PROBLEM TO SOLVE:
In the listing below, find the line containing "process-NoMoreDue p now later" and the line containing "(ok a, middle)". Repeat exactly those two lines and every line between them.

ENTRIES SHOWN:
★ ★ ★ ★ ★ ★ ★

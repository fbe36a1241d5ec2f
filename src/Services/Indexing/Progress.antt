-- ===== src/Services/Indexing/Progress.antt =====
-- The worker makes progress: a turn that ends without an exception leaves fewer due jobs.
use rag_anotacoes_sdd.Prelude.{
  ℕ, ◌≤◌, ◌<◌, ◌≡◌, refl, sym, ap, ◌∙◌, ◌⊎◌, inl, inr, Bool, true, false, ◌&&◌, Option, none, some,
  List, [], ◌∷◌, All, ◌==◌, Instant, arith, Result, ok,
}
use rag_anotacoes_sdd.Domain.Jobs.{IndexingJob, default_maximum_attempts}
use rag_anotacoes_sdd.Persistence.Tables.{Tables, IndexingJobRecord}
use rag_anotacoes_sdd.Persistence.Transactions.{Db, is_owner, then_inversion, transaction_ok, ◌>>=◌}
use rag_anotacoes_sdd.Persistence.Jobs.{is_due, claimed_row, claim_indexing_job}
use rag_anotacoes_sdd.Persistence.Jobs.Claims.{
  claim_indexing_job-Claims, claim_indexing_job-none_iff,
}
use rag_anotacoes_sdd.Services.Indexing.{Ports, process, process_claimed, run_once}
use rag_anotacoes_sdd.Services.Indexing.Due.{
  due_jobs, due_jobs-update_where, due_jobs_fewer, claimed_row-not_due, complete-not_due,
  fail_transient-not_due,
}
use rag_anotacoes_sdd.Services.Indexing.Changes.{Relation, IsPreorder, Changes, Kept}
use rag_anotacoes_sdd.Services.Indexing.Turns.{process-Changes}

pub none_due :
    (now : Instant) (js : List IndexingJobRecord)
    → All (λ k. is_due now k ≡ false) js
    → due_jobs now js ≡ 0
unfolding due_jobs
none_due now [] h = refl
none_due now (j ∷ js) h = (let e = h.0 in ground (arith, e, none_due now js h.1))

-- The state in which a transaction begins.
abbrev pub begun : Tables → Db
begun t = record { tables = t; current_user = none }

claimed_fewer :
    (now : Instant) (lease_seconds : ℕ) (t : Tables) (job : IndexingJob) (db : Db)
    → 1 ≤ lease_seconds
    → claim_indexing_job now lease_seconds (begun t) ≡ (ok (some job), db)
    → due_jobs now db.jobs < due_jobs now t.jobs
claimed_fewer now lease_seconds t job db l h =
    let (r, (due, (before, after, at), _), _, tables) =
      claim_indexing_job-Claims now lease_seconds (begun t) h in
    let fewer =
      due_jobs_fewer now (λ j. j.id == r.id) (claimed_row now lease_seconds) before r after
        (λ j. claimed_row-not_due now lease_seconds j l) (ground arith) due in
    rw tables (rw (sym at) at fewer)

-- Jobs of which no more are due.
abbrev NoMoreDue : Instant → Relation
NoMoreDue now js js' = due_jobs now js' ≤ due_jobs now js

NoMoreDue-IsPreorder : (now : Instant) → IsPreorder (NoMoreDue now)
NoMoreDue-IsPreorder now = record {
  same = λ js. ground arith;
  both = λ a b c h k. ground (arith, h, k);
}

process-NoMoreDue :
    (p : Ports) (now later : Instant) (job : IndexingJob)
    → now ≤ later
    → Changes (NoMoreDue now) (process p later job)
process-NoMoreDue p now later job l =
    process-Changes (NoMoreDue now) (NoMoreDue-IsPreorder now) later job
      (λ after e. kept after (complete-not_due now later job after e))
      (λ code after e.
        kept after (fail_transient-not_due now later job after code default_maximum_attempts l e))
      p
  where
    kept : (after : IndexingJob) → is_due now after ≡ false → Kept (NoMoreDue now) after
    kept after e user js =
        due_jobs-update_where now (λ k. k.id == after.id && is_owner user k.user_id) (λ _. after) js
          (λ _. e)

turn :
    (p : Ports) (now : Instant) (lease_seconds : ℕ) (t : Tables) (a : Option IndexingJob)
    (middle : Db) (b : Bool) (db : Db)
    → 1 ≤ lease_seconds
    → now ≤ p.clock
    → claim_indexing_job now lease_seconds (begun t) ≡ (ok a, middle)
    → ◌≡◌ {A = Result Bool × Db} (process_claimed p p.clock a middle) (ok b, db)
    → (due_jobs now db.jobs < due_jobs now t.jobs)
      ⊎ ((due_jobs now t.jobs ≡ 0) × (db.tables ≡ t) × (b ≡ false))
turn p now lease_seconds t none middle b db l order e e' =
    let (idle, same) = (claim_indexing_job-none_iff now lease_seconds (begun t)).0 middle e in
    let end : db ≡ middle = ground (arith, e') in
    inr (none_due now t.jobs idle, ap (λ d. d.tables) (end ∙ same), ground (arith, e'))
turn p now lease_seconds t (some job) middle b db l order e e' =
    let fewer = claimed_fewer now lease_seconds t job middle l e in
    let calm = (process-NoMoreDue p now p.clock job order).run middle e' in
    inl (ground (arith, fewer, calm))

-- A turn of the worker over the SQL claim that ends without an exception leaves fewer jobs due at
-- its instant, whether it publishes, fails or drops the job; or no job was due, and it changes
-- nothing. The lease must not be empty, and the service must not read an earlier time than the
-- claim.
pub run_once-due_jobs :
    (p : Ports) (now : Instant) (lease_seconds : ℕ) (t : Tables) {b : Bool} {t' : Tables}
    → 1 ≤ lease_seconds
    → now ≤ p.clock
    → run_once p now true lease_seconds t ≡ (ok b, t')
    → (due_jobs now t'.jobs < due_jobs now t.jobs)
      ⊎ ((due_jobs now t.jobs ≡ 0) × (t' ≡ t) × (b ≡ false))
unfolding run_once
run_once-due_jobs p now lease_seconds t {b} {t'} l order h =
    let (db, e, stored) =
      transaction_ok (claim_indexing_job now lease_seconds >>= process_claimed p p.clock) t h in
    let (a, middle, e', e'') =
      then_inversion (claim_indexing_job now lease_seconds) (process_claimed p p.clock) (begun t)
        e in
    rw stored (turn p now lease_seconds t a middle b db l order e' e'')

★ ★ ★ ★ ★ ★ ★

SOLUTION TO THIS EXERCISE:
process-NoMoreDue p now later job l =
    process-Changes (NoMoreDue now) (NoMoreDue-IsPreorder now) later job
      (λ after e. kept after (complete-not_due now later job after e))
      (λ code after e.
        kept after (fail_transient-not_due now later job after code default_maximum_attempts l e))
      p
  where
    kept : (after : IndexingJob) → is_due now after ≡ false → Kept (NoMoreDue now) after
    kept after e user js =
        due_jobs-update_where now (λ k. k.id == after.id && is_owner user k.user_id) (λ _. after) js
          (λ _. e)

turn :
    (p : Ports) (now : Instant) (lease_seconds : ℕ) (t : Tables) (a : Option IndexingJob)
    (middle : Db) (b : Bool) (db : Db)
    → 1 ≤ lease_seconds
    → now ≤ p.clock
    → claim_indexing_job now lease_seconds (begun t) ≡ (ok a, middle)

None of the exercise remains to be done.